> [PROBLEM] Return each entry precisely as it appears below.

> [DATA SUPPLIED]
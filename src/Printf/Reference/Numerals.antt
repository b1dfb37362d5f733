-- ===== src/Printf/Reference/Numerals.antt =====
-- The digits of src/printf.c against the numerals of the reference.
use qcom_ipq_aux_loader.Base.{
  ℕ, zero, suc, ◌/◌, ◌%◌, ◌^◌, ◌<◌, ◌≡◌, ◌≤◌, refl, ap, ◌∙◌, Bool, false, Option, some, List, [],
  ◌∷◌, true, arith, ◌==◌, if◌then◌else◌,
}
use native.Mathlib.Decide.{dec_lt}
use native.Mathlib.Nat.{pow-zero, mod-lt, mod-eq_of_lt, div-eq_of_lt}
use qcom_ipq_aux_loader.Printf.Digits.{cons, wr2p, dec_loop, my_dec2str, hex_loop, my_hex2str}
use qcom_ipq_aux_loader.Printf.Digits.Numeral.{
  dec_loop-suc, hex_loop-suc, quotient-lt, quotient-lt32,
}
use qcom_ipq_aux_loader.Printf.Reference.{digit_char, numeral}

wr2p-digit_char : (upcase : Bool) (d : ℕ) → d < 16 → wr2p upcase d ≡ digit_char upcase d
unfolding wr2p digit_char
wr2p-digit_char true d h = ground arith
wr2p-digit_char false d h = ground arith

-- A loop that writes a digit and goes on at the quotient; 0 ends it.
module _ (upcase : Bool) (base : ℕ) (loop : ℕ → ℕ → Option (List ℕ)) (two : 2 ≤ base)
    (most : base ≤ 16) (ends : (rounds : ℕ) → loop (suc rounds) 0 ≡ some [])
    (goes_on : (rounds a : ℕ)
      → 0 < a
      → a < 2 ^ 32
      → loop (suc rounds) a ≡ cons (wr2p upcase (a % base)) (loop rounds (a / base))) where
  at_quotient :
      (k q : ℕ) (rest : List ℕ)
      → (0 < q → loop (suc k) q ≡ some rest)
      → loop (suc k) q ≡ some (if q == 0 then [] else rest)
  at_quotient k zero rest h = ends k
  at_quotient k (suc q) rest h = rw (==_suc q) (h (omega arith))
    where
      ==_suc : (q : ℕ) → (suc q == 0) ≡ false
      ==_suc q = ground arith

  loop-numeral :
      (k a : ℕ)
      → 0 < a
      → a < base ^ k
      → a < 2 ^ 32
      → loop (suc k) a ≡ some (numeral upcase base k a)
  loop-numeral zero a pos h w = absurd (omega (arith, pow-zero base))
  loop-numeral (suc k) a pos h w =
      let low : a % base < base = mod-lt a (omega arith) in
      goes_on (suc k) a pos w
      ∙ ap (λ c. cons c (loop (suc k) (a / base))) (wr2p-digit_char upcase (a % base) (omega arith))
      ∙ ap (cons (digit_char upcase (a % base))) (
          at_quotient k (a / base) (numeral upcase base k (a / base)) λ more.
            loop-numeral k (a / base) more (quotient-lt base k a two h) (quotient-lt32 base a w))

-- A number below the base.
single :
    (upcase : Bool) (base k a : ℕ)
    → base ≤ 16
    → a < base
    → numeral upcase base (suc k) a ≡ wr2p upcase a ∷ []
single upcase base k a most h =
    let low : a % base ≡ a = mod-eq_of_lt h in
    let none : a / base ≡ 0 = div-eq_of_lt h in
    rw (low, none, wr2p-digit_char upcase a (omega arith)) refl

pub dec2str-numeral :
    (a : ℕ) (upcase : Bool) → a < 2 ^ 32 → my_dec2str a upcase ≡ some (numeral upcase 10 10 a)
dec2str-numeral a upcase h = elim (dec_lt a 10) [
  | yes small ↦ rw (single upcase 10 9 a (omega arith) small) (unfold my_dec2str in ground arith)
  | no large ↦ elim (dec_lt 10 a) [
    | yes larger ↦
        let e =
          loop-numeral upcase 10 (dec_loop upcase) (omega arith) (omega arith)
            (λ rounds. unfold dec_loop in refl) (dec_loop-suc upcase) 10 a (omega arith)
            (omega arith) h in
        unfold my_dec2str in ground arith
    | no not_larger ↦
        let ten : a ≡ 10 = omega arith in rw ten (unfold my_dec2str wr2p digit_char in refl)
  ]
]

pub hex2str-numeral :
    (a : ℕ) (upcase : Bool) → a < 2 ^ 32 → my_hex2str a upcase ≡ some (numeral upcase 16 8 a)
hex2str-numeral a upcase h = elim (dec_lt a 16) [
  | yes small ↦ rw (single upcase 16 7 a (omega arith) small) (unfold my_hex2str in ground arith)
  | no large ↦
      let e =
        loop-numeral upcase 16 (hex_loop upcase) (omega arith) (omega arith)
          (λ rounds. unfold hex_loop in refl) (hex_loop-suc upcase) 8 a (omega arith) (omega arith)
          h in
      unfold my_hex2str in ground arith
]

> [SOLUTION FOR THIS TASK]
filename src/Printf/Reference/Numerals.antt
repository b1dfb37362d5f733
-- ===== src/Printf/Reference/Numerals.antt =====
-- The digits of src/printf.c against the numerals of the reference.
use qcom_ipq_aux_loader.Base.{
  ℕ, zero, suc, ◌/◌, ◌%◌, ◌^◌, ◌<◌, ◌≡◌, ◌≤◌, refl, ap, ◌∙◌, Bool, false, Option, some, List, [],
  ◌∷◌, true, arith, ◌==◌, if◌then◌else◌,
}
use native.Mathlib.Decide.{dec_lt}
use native.Mathlib.Nat.{pow-zero, mod-lt, mod-eq_of_lt, div-eq_of_lt}
use qcom_ipq_aux_loader.Printf.Digits.{cons, wr2p, dec_loop, my_dec2str, hex_loop, my_hex2str}
use qcom_ipq_aux_loader.Printf.Digits.Numeral.{
  dec_loop-suc, hex_loop-suc, quotient-lt, quotient-lt32,
}
use qcom_ipq_aux_loader.Printf.Reference.{digit_char, numeral}

wr2p-digit_char : (upcase : Bool) (d : ℕ) → d < 16 → wr2p upcase d ≡ digit_char upcase d
unfolding wr2p digit_char
wr2p-digit_char true d h = ground arith
wr2p-digit_char false d h = ground arith

-- A loop that writes a digit and goes on at the quotient; 0 ends it.
module _ (upcase : Bool) (base : ℕ) (loop : ℕ → ℕ → Option (List ℕ)) (two : 2 ≤ base)
    (most : base ≤ 16) (ends : (rounds : ℕ) → loop (suc rounds) 0 ≡ some [])
    (goes_on : (rounds a : ℕ)
      → 0 < a
      → a < 2 ^ 32
      → loop (suc rounds) a ≡ cons (wr2p upcase (a % base)) (loop rounds (a / base))) where
  at_quotient :
      (k q : ℕ) (rest : List ℕ)
      → (0 < q → loop (suc k) q ≡ some rest)
      → loop (suc k) q ≡ some (if q == 0 then [] else rest)
  at_quotient k zero rest h = ends k
  at_quotient k (suc q) rest h = rw (==_suc q) (h (omega arith))
    where
      ==_suc : (q : ℕ) → (suc q == 0) ≡ false
      ==_suc q = ground arith

  loop-numeral :
      (k a : ℕ)
      → 0 < a
      → a < base ^ k
      → a < 2 ^ 32
      → loop (suc k) a ≡ some (numeral upcase base k a)
  loop-numeral zero a pos h w = absurd (omega (arith, pow-zero base))
  loop-numeral (suc k) a pos h w =
      let low : a % base < base = mod-lt a (omega arith) in
      goes_on (suc k) a pos w
      ∙ ap (λ c. cons c (loop (suc k) (a / base))) (wr2p-digit_char upcase (a % base) (omega arith))
      ∙ ap (cons (digit_char upcase (a % base))) (
          at_quotient k (a / base) (numeral upcase base k (a / base)) λ more.
            loop-numeral k (a / base) more (quotient-lt base k a two h) (quotient-lt32 base a w))

-- A number below the base.
single :
    (upcase : Bool) (base k a : ℕ)
    → base ≤ 16
    → a < base
    → numeral upcase base (suc k) a ≡ wr2p upcase a ∷ []
single upcase base k a most h =
    let low : a % base ≡ a = mod-eq_of_lt h in
    let none : a / base ≡ 0 = div-eq_of_lt h in
    rw (low, none, wr2p-digit_char upcase a (omega arith)) refl

pub dec2str-numeral :
    (a : ℕ) (upcase : Bool) → a < 2 ^ 32 → my_dec2str a upcase ≡ some (numeral upcase 10 10 a)
dec2str-numeral a upcase h = elim (dec_lt a 10) [
  | yes small ↦ rw (single upcase 10 9 a (omega arith) small) (unfold my_dec2str in ground arith)
  | no large ↦ elim (dec_lt 10 a) [
    | yes larger ↦
        let e =
          loop-numeral upcase 10 (dec_loop upcase) (omega arith) (omega arith)
            (λ rounds. unfold dec_loop in refl) (dec_loop-suc upcase) 10 a (omega arith)
            (omega arith) h in
        unfold my_dec2str in ground arith
    | no not_larger ↦
        let ten : a ≡ 10 = omega arith in rw ten (unfold my_dec2str wr2p digit_char in refl)
  ]
]

pub hex2str-numeral :
    (a : ℕ) (upcase : Bool) → a < 2 ^ 32 → my_hex2str a upcase ≡ some (numeral upcase 16 8 a)
hex2str-numeral a upcase h = elim (dec_lt a 16) [
  | yes small ↦ rw (single upcase 16 7 a (omega arith) small) (unfold my_hex2str in ground arith)
  | no large ↦
      let e =
        loop-numeral upcase 16 (hex_loop upcase) (omega arith) (omega arith)
          (λ rounds. unfold hex_loop in refl) (hex_loop-suc upcase) 8 a (omega arith) (omega arith)
          h in
      unfold my_hex2str in ground arith
]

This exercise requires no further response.